Of all the available strategies for improving irritable bowel syndrome (IBS) symptoms, diet is considered to play an important role in improving the quality of life of those affected by IBS. Although the gut microbiota and diet are being measured in current IBS-related nutrition studies, those studies usually include small samples and focus on energy and nutrients without considering the complex impact of overall dietary pattern on the microbiota.
Heidi Staudacher and colleagues examined diet-gut microbiota associations and the role of gut microbiota as a predictor of clinical response to a low FODMAP diet or probiotic intervention in 95 adults with IBS.
The authors measured habitual 7-day food record data not only at the nutrient level, but also in terms of foods, food groups and dietary patterns. They also measured gut microbiota composition using 16S ribosomal ribonucleic acid sequencing.

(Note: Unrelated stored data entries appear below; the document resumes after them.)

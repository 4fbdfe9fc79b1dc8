-- ===== src/Bytecode/Correct/Literals.antt =====
-- A literal that does not fit the operand byte of OP_PUSH (bytecode-vm/compiler.c, `walk`).
use systems_programming_proj.Prelude.{ℕ, ◌%◌, ◌≡◌, refl, List, [], ◌∷◌, false}
use systems_programming_proj.Prelude.Int.{pos}
use systems_programming_proj.Bytecode.OpCode.{code_of, decode}
use systems_programming_proj.Bytecode.Vm
use systems_programming_proj.Bytecode.Vm.{Vm}
use systems_programming_proj.Bytecode.Machine
use systems_programming_proj.Bytecode.Machine.{
  Machine, start, put, take_top, operand, push_value, perform, perform_byte, step, run,
}
use systems_programming_proj.Bytecode.Ast.{num, print, Block, done, next}
use systems_programming_proj.Bytecode.Codegen.{emit, walk_expr, walk, generate_byte}
use systems_programming_proj.Bytecode.Refine.Step.{values}
use systems_programming_proj.Bytecode.Refine.Run.{SameOutcome, both_halted, vm_run-refines}
use systems_programming_proj.Bytecode.Correct.Program.{run_program}

-- `print n`
abbrev pub print_literal : ℕ → Block
print_literal n = next (print (num n)) done

abbrev ended : ℕ → Machine
ended n = record {
  ip = 4;
  stack = [];
  globals = start.globals;
  calls = [];
  running = false;
  out = pos (n % 256) ∷ [];
}

machine_run : (n : ℕ) → run 3 (generate_byte (print_literal n)) start ≡ Machine.halted (ended n)
unfolding run step operand perform_byte perform push_value put take_top decode code_of emit
    walk_expr walk generate_byte
machine_run n = refl

printed :
    {code : List ℕ} {m : Machine} {o : Vm.Outcome}
    → SameOutcome code o (Machine.halted m)
    → (vm' : Vm) × (o ≡ Vm.halted vm') × (values vm'.out ≡ m.out)
printed (both_halted {vm = vm'} v) = (vm', refl, v.out)

-- The program `print n` halts within three rounds, having printed the one value n modulo 256: a literal
-- above 255 is cut to its low byte.
pub print_literal_value :
    (n : ℕ) (vm : Vm)
    → vm.out ≡ []
    → (vm' : Vm) × (run_program 3 (generate_byte (print_literal n)) vm ≡ Vm.halted vm')
      × (values vm'.out ≡ pos (n % 256) ∷ [])
print_literal_value n vm quiet =
    printed (rw machine_run at (vm_run-refines 3 (generate_byte (print_literal n)) vm quiet))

The study’s first goal consisted of identifying diet-gut microbiota associations in participants who consumed their habitual diet. Although an initial analysis found different associations between habitual diet—especially at the nutrient level—and gut microbiota abundances at genus, family and phylum level, none of those associations remained significant after correction for multiple comparisons.
The lack of associations could be explained by different interactions between diet and the gut microbiota in IBS when compared to healthy controls, highly personalized diet-gut microbiota interactions that could mask findings at group level, and operational taxonomic unit inclusion cut-off and statistical corrections that may have been too stringent, as Staudacher acknowledged in a Twitter thread.
The authors were also interested in exploring the impact on the gut microbiota of a low FODMAP diet or a multistrain probiotic administered over a 4-week period, based on authors’ preliminary data on the effect of restricting prebiotic substrates on the gastrointestinal microbiota in patients with IBS.
Although the baseline gut microbiota did not discriminate between responders and non-responders in terms of clinical response to either intervention—defined as a reduction in IBS symptomatology equal to or higher than a 50-point reduction in the IBS-Symptom Scoring System—specific changes in the gut microbiota were documented after both interventions.
Following a low FODMAP diet led to changes in the abundance of major saccharolytic genera, including higher Bacteroides and lower Bifidobacterium and unclassified genus in the Ruminococcaceae family compared to the control diet, in line with previous studies. No differences were observed in alpha diversity between low FODMAP and control diet groups.
Probiotic supplementation led to higher Lactobacillus and Streptococcus abundance compared to the placebo group. The authors argue that the probiotic intervention might help partly ameliorate the changes in gut microbial communities driven by the low FODMAP diet.
On the whole, the study shows that IBS patients’ gut microbiota could respond to diet or probiotics differently to that of healthy individuals. Although no significant associations have been found overall between nutrients, food intake and dietary patterns on the one hand and gut microbiota composition on the other, differences in the gut microbiota after the low FODMAP diet and probiotic intake highlight the importance of considering the complexity of diet (beyond focusing only on nutrients) in the role of gut microbiota for predicting response to interventions.
Staudacher HM, Scholz M, Lomer MC, et al. Gut microbiota associations with diet in irritable bowel syndrome and the effect of low FODMAP diet and probiotics. Clinical Nutrition. 2020. doi: 10.1016/j.clnu.2020.10.013.